[TASK DESCRIPTION] The entries below contain a stretch that opens with the line containing "let v : Valid" and closes with the line containing "(rejected max_live_orders"; set down that stretch exactly, both ends included, and nothing else.

-- INPUT DATA follows --

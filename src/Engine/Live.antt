-- ===== src/Engine/Live.antt =====
-- The live orders of a side in the full map, which a live index has to list, and how the writes of
-- cpp/src/engine.cpp to the map and to an index keep the two in step.
use market_maker_proto.Prelude.{
  ◌≡◌, refl, sym, Bool, true, false, ◌&&◌, arith, if◌then◌else◌, Bool-cases, inl, inr, List, [],
  ◌∷◌, none, some,
}
use market_maker_proto.Types.{Side}
use market_maker_proto.Engine.Keys.{
  OrderKey, key_lt, key_eq, Above, IsSorted, Above-trans, key_eq_refl, key_lt_total, key_eq_of_lt,
  key_eq_of_gt, key_lt_asymm,
}
use market_maker_proto.Engine.Containers.{
  Map, keys, find, emplace, update_at, idx_insert, idx_erase, lower_bound, points_at,
}
use market_maker_proto.Engine.State.{Order, same_side, is_live}

abbrev pub is_live_on : Side → Order → Bool
is_live_on side o = same_side o.side side && is_live o.st

abbrev pub live_keys : Side → Map Order → List OrderKey
live_keys side [] = []
live_keys side ((k, o) ∷ m) =
    let rest = live_keys side m in if is_live_on side o then k ∷ rest else rest

pub live_keys-Above :
    (side : Side) (k : OrderKey) (m : Map Order) → Above k (keys m) → Above k (live_keys side m)
live_keys-Above side k [] a = tt
live_keys-Above side k ((j, o) ∷ m) a = ground (arith, live_keys-Above side k m a.1)

module _ {V : Type 0} where
  pub emplace-Above :
      (j k : OrderKey) (v : V) (m : Map V)
      → key_lt j k ≡ true
      → Above j (keys m)
      → Above j (keys (emplace k v m))
  unfolding emplace
  emplace-Above j k v [] h a = (h, tt)
  emplace-Above j k v ((i, w) ∷ m) h a = ground (arith, emplace-Above j k v m)

  pub emplace-IsSorted :
      (k : OrderKey) (v : V) (m : Map V) → IsSorted (keys m) → IsSorted (keys (emplace k v m))
  unfolding emplace
  emplace-IsSorted k v [] s = (tt, tt)
  emplace-IsSorted k v ((j, w) ∷ m) s =
      ground (arith, emplace-IsSorted k v m, emplace-Above j k v m, Above-trans k j (keys m))

  pub keys-update_at : (k : OrderKey) (f : V → V) (m : Map V) → keys (update_at k f m) ≡ keys m
  unfolding update_at
  keys-update_at k f [] = refl
  keys-update_at k f ((j, w) ∷ m) = ground (arith, keys-update_at k f m)

  -- A key below every entry is not found.
  pub find-Above : (k : OrderKey) (m : Map V) → Above k (keys m) → find k m ≡ none
  unfolding find
  find-Above k [] a = refl
  find-Above k ((j, v) ∷ m) a = ground (arith, find-Above k m, key_eq_of_gt j k)

  -- The test at the lower bound decides whether the map has the key.
  pub points_at-lower_bound :
      (k : OrderKey) (m : Map V)
      → IsSorted (keys m)
      → points_at k (lower_bound k m) ≡ false
      → find k m ≡ none
  unfolding points_at lower_bound find
  points_at-lower_bound k [] s h = refl
  points_at-lower_bound k ((j, v) ∷ m) s h = ground (
    arith,
    points_at-lower_bound k m s.1,
    key_eq_of_lt j k,
    key_lt_total j k,
    find-Above k m,
    Above-trans k j (keys m),
    key_eq_refl j,
  )

idx_insert-Above : (k : OrderKey) (l : List OrderKey) → Above k l → idx_insert k l ≡ k ∷ l
unfolding idx_insert
idx_insert-Above k [] a = refl
idx_insert-Above k (j ∷ l) a = ground (arith, key_lt_asymm k j)

-- The two cases of an insertion, over the tests' values and the lists of live keys.
insert_below :
    (b c : Bool) (j k : OrderKey) (l r : List OrderKey)
    → key_lt j k ≡ true
    → r ≡ (if b then idx_insert k l else l)
    → (if c then j ∷ r else r)
      ≡ (if b then idx_insert k (if c then j ∷ l else l) else if c then j ∷ l else l)
unfolding idx_insert
insert_below b c j k l r h e = ground arith

insert_past :
    (b : Bool) (k : OrderKey) (l : List OrderKey)
    → Above k l
    → (if b then k ∷ l else l) ≡ (if b then idx_insert k l else l)
insert_past true k l a = sym (idx_insert-Above k l a)
insert_past false k l a = refl

if-Above :
    (c : Bool) (j k : OrderKey) (l : List OrderKey)
    → key_lt k j ≡ true
    → Above k l
    → Above k (if c then j ∷ l else l)
if-Above true j k l h a = (h, a)
if-Above false j k l h a = a

pub find_tail :
    {V : Type 0} (j k : OrderKey) (v : V) (m : Map V) → find k ((j, v) ∷ m) ≡ none → find k m ≡ none
unfolding find
find_tail j k v m h = ground arith

pub find_ne :
    {V : Type 0} (j k : OrderKey) (v : V) (m : Map V)
    → find k ((j, v) ∷ m) ≡ none
    → key_eq j k ≡ false
unfolding find
find_ne j k v m h = ground arith

pub gt_of_ne : (j k : OrderKey) → key_eq j k ≡ false → key_lt j k ≡ false → key_lt k j ≡ true
gt_of_ne j k n h = ground (arith, key_lt_total j k, key_eq_refl j)

-- Accepting an order under a new key inserts the key into its side's index.
pub live_keys-emplace :
    (side : Side) (k : OrderKey) (o : Order) (m : Map Order)
    → IsSorted (keys m)
    → find k m ≡ none
    → live_keys side (emplace k o m)
      ≡ (if is_live_on side o then idx_insert k (live_keys side m) else live_keys side m)
unfolding emplace
live_keys-emplace side k o [] s f = unfold idx_insert in refl
live_keys-emplace side k o ((j, w) ∷ m) s f = elim (Bool-cases (key_lt j k)) [
  | inl below ↦
      rw (below, emplace)
        (insert_below (is_live_on side o) (is_live_on side w) j k (live_keys side m) _ below
          (live_keys-emplace side k o m s.1 (find_tail j k w m f)))
  | inr at_or_above ↦
      let above = gt_of_ne j k (find_ne j k w m f) at_or_above in
      rw (at_or_above, above, emplace)
        (insert_past (is_live_on side o) k (live_keys side ((j, w) ∷ m)) (
          if-Above (is_live_on side w) j k (live_keys side m) above
            (live_keys-Above side k m (Above-trans k j (keys m) above s.0))))
]

-- A write that keeps the order live, or not live, on a side leaves that side's keys.
pub live_keys-update_at :
    (side : Side) (k : OrderKey) (f : Order → Order) (o : Order) (m : Map Order)
    → find k m ≡ some o
    → is_live_on side (f o) ≡ is_live_on side o
    → live_keys side (update_at k f m) ≡ live_keys side m
unfolding update_at find
live_keys-update_at side k f o [] h e = refl
live_keys-update_at side k f o ((j, w) ∷ m) h e = elim (Bool-cases (key_eq j k)) [
  | inl hit ↦ let same : w ≡ o = ground arith in rw (hit, update_at, same, e) refl
  | inr miss ↦
      let rest : find k m ≡ some o = ground arith in
      rw (miss, update_at, live_keys-update_at side k f o m rest e) refl
]

-- A write that ends a live order erases its key from the side's index.
pub live_keys-update_at_end :
    (side : Side) (k : OrderKey) (f : Order → Order) (o : Order) (m : Map Order)
    → find k m ≡ some o
    → is_live_on side o ≡ true
    → is_live_on side (f o) ≡ false
    → live_keys side (update_at k f m) ≡ idx_erase k (live_keys side m)
unfolding update_at find idx_erase
live_keys-update_at_end side k f o [] h l e = refl
live_keys-update_at_end side k f o ((j, w) ∷ m) h l e = elim (Bool-cases (key_eq j k)) [
  | inl hit ↦
      let same : w ≡ o = ground arith in rw (hit, update_at, same, e, l, idx_erase, hit) refl
  | inr miss ↦
      let rest : find k m ≡ some o = ground arith in
      rw (miss, update_at, live_keys-update_at_end side k f o m rest l e) (ground arith)
]
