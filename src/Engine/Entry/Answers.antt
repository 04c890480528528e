-- ===== src/Engine/Entry/Answers.antt =====
-- The branches of on_new and on_cancel (cpp/src/engine.cpp) as rules: what each branch has
-- established when it is taken.
use market_maker_proto.Prelude.{
  ℕ, ◌<◌, ◌≡◌, refl, true, false, ◌&&◌, inl, inr, arith, leb, Bool-cases, Option-cases, none, some,
  List, [], ◌∷◌,
}
use market_maker_proto.Prelude.Int.{to_u64}
use market_maker_proto.Prelude.Text.{Bytes, bytes, bytes_eq}
use market_maker_proto.Types.{
  Side, bid, ask, RejectCode, dup_cl_ord_id, unknown_cl_ord_id, already_terminal, max_live_orders,
  post_only_cross, validate_order,
}
use market_maker_proto.Types.Validation.{IsValidOrder, validate_order-IsValidOrder}
use market_maker_proto.Protocol.{NewOrder, CancelOrder, OutMsg}
use market_maker_proto.Engine.Keys.{IsSorted}
use market_maker_proto.Engine.Containers.{keys, find, lower_bound, points_at}
use market_maker_proto.Engine.State.{Order, OrderEngine, is_live, live_count}
use market_maker_proto.Engine.Live.{points_at-lower_bound}
use market_maker_proto.Engine.Entry.{
  side_from_wire, make_reject, reject_new, validation_reason, crosses, accept, enter, on_new,
  cancel_found, on_cancel,
}

abbrev pub Valid : OrderEngine → NewOrder → Type 0
Valid e order = IsValidOrder e.inst order.symbol order.side order.px order.qty

-- The wire spelling of a side.
abbrev pub wire : Side → Bytes
wire bid = bytes "B"
wire ask = bytes "S"

pub side_from_wire-wire : (x : Bytes) (side : Side) → x ≡ wire side → side_from_wire x ≡ some side
unfolding side_from_wire bytes_eq
side_from_wire-wire x bid h = rw h refl
side_from_wire-wire x ask h = rw h refl

pub spelled_side :
    (e : OrderEngine) (order : NewOrder) → Valid e order → (side : Side) × (order.side ≡ wire side)
spelled_side e order v = elim v.side_known [ inl b ↦ (bid, b) | inr s ↦ (ask, s) ]

-- Everything that holds where on_new accepts.
pub record Accepts (e : OrderEngine) (session : ℕ) (order : NewOrder) (side : Side) : Type 0 where
  pub valid : Valid e order
  pub spelled : order.side ≡ wire side
  pub room : live_count e session < to_u64 e.inst.max_live_orders
  pub passive : (order.post_only && crosses side e.book order.px) ≡ false

module _ (e : OrderEngine) (session : ℕ) (order : NewOrder) (P : OrderEngine × List OutMsg → Type 0)
    (rejected : (code : RejectCode) (reason : Bytes) → P (reject_new e session order code reason))
    (accepted : (side : Side)
      → Accepts e session order side
      → P (accept e session order side)) where
  enter_cases :
      (side : Side)
      → Valid e order
      → order.side ≡ wire side
      → live_count e session < to_u64 e.inst.max_live_orders
      → P (enter e session order (some side))
  unfolding enter
  enter_cases side v w r = elim (Bool-cases (order.post_only && crosses side e.book order.px)) [
    | inl c ↦
        rw (c, enter) (rejected post_only_cross (bytes "post-only order would cross the book"))
    | inr c ↦
        rw (c, enter) (accepted side (record { valid = v; spelled = w; room = r; passive = c }))
  ]

  -- A fresh cl_id is rejected or accepted; the parsed side is never missing.
  pub fresh_cases :
      IsSorted (keys e.orders)
      → find (session, order.cl_id) e.orders ≡ none
      → points_at (session, order.cl_id) (lower_bound (session, order.cl_id) e.orders) ≡ false
      → P (on_new e session order)
  unfolding on_new
  fresh_cases s f p =
      elim (Option-cases (validate_order e.inst order.symbol order.side order.px order.qty)) [
        | inr (code, h) ↦ rw (p, h, on_new) (rejected code (validation_reason code order))
        | inl h ↦
            let v : Valid e order =
              validate_order-IsValidOrder e.inst order.symbol order.side order.px order.qty h in
            elim (Bool-cases (leb (to_u64 e.inst.max_live_orders) (live_count e session))) [
              | inl full ↦
                  rw (p, h, full, on_new)
                    (rejected max_live_orders
                      (bytes "session already holds max_live_orders live orders"))
              | inr room ↦
                  let (side, w) = spelled_side e order v in
                  rw (p, h, room, side_from_wire-wire order.side side w, on_new)
                    (enter_cases side v w (ground arith))
            ]
      ]

-- on_new has three outcomes: the duplicate, a reject with its tombstone, an accept.
pub on_new_cases :
    (e : OrderEngine) (session : ℕ) (order : NewOrder) (P : OrderEngine × List OutMsg → Type 0)
    → IsSorted (keys e.orders)
    → (points_at (session, order.cl_id) (lower_bound (session, order.cl_id) e.orders) ≡ true
        → P (
          e,
          make_reject order.cl_id dup_cl_ord_id (bytes "cl_id already used on this session") ∷ [],
        ))
    → (find (session, order.cl_id) e.orders ≡ none
        → (code : RejectCode) (reason : Bytes) → P (reject_new e session order code reason))
    → (find (session, order.cl_id) e.orders ≡ none
        → (side : Side) → Accepts e session order side
        → P (accept e session order side))
    → P (on_new e session order)
unfolding on_new
on_new_cases e session order P s dup rejected accepted =
    elim (Bool-cases
      (points_at (session, order.cl_id) (lower_bound (session, order.cl_id) e.orders))) [
        | inl p ↦ rw (p, on_new) (dup p)
        | inr p ↦
            let f = points_at-lower_bound (session, order.cl_id) e.orders s p in
            fresh_cases e session order P (rejected f) (accepted f) s f p
      ]

-- on_cancel has three outcomes: an unknown cl_id, a terminal order, a cancelled one.
pub on_cancel_cases :
    (e : OrderEngine) (session : ℕ) (c : CancelOrder) (P : OrderEngine × List OutMsg → Type 0)
    → ((code : RejectCode) (reason : Bytes) → P (e, make_reject c.cl_id code reason ∷ []))
    → ((ord : Order)
        → find (session, c.cl_id) e.orders ≡ some ord
        → is_live ord.st ≡ true
        → P (cancel_found e session c ord))
    → P (on_cancel e session c)
unfolding on_cancel cancel_found
on_cancel_cases e session c P rejected found =
    elim (Option-cases (find (session, c.cl_id) e.orders)) [
      | inl f ↦
          rw (f, on_cancel) (rejected unknown_cl_ord_id (bytes "unknown cl_id on this session"))
      | inr (ord, f) ↦ elim (Bool-cases (is_live ord.st)) [
        | inl l ↦ rw (f, on_cancel) (found ord f l)
        | inr t ↦
            rw (f, on_cancel, t, cancel_found)
              (rejected already_terminal (bytes "order is already terminal"))
      ]
    ]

-- INPUT DATA concluded --

[RESPONSE TO THIS TASK]
            let v : Valid e order =
              validate_order-IsValidOrder e.inst order.symbol order.side order.px order.qty h in
            elim (Bool-cases (leb (to_u64 e.inst.max_live_orders) (live_count e session))) [
              | inl full ↦
                  rw (p, h, full, on_new)
                    (rejected max_live_orders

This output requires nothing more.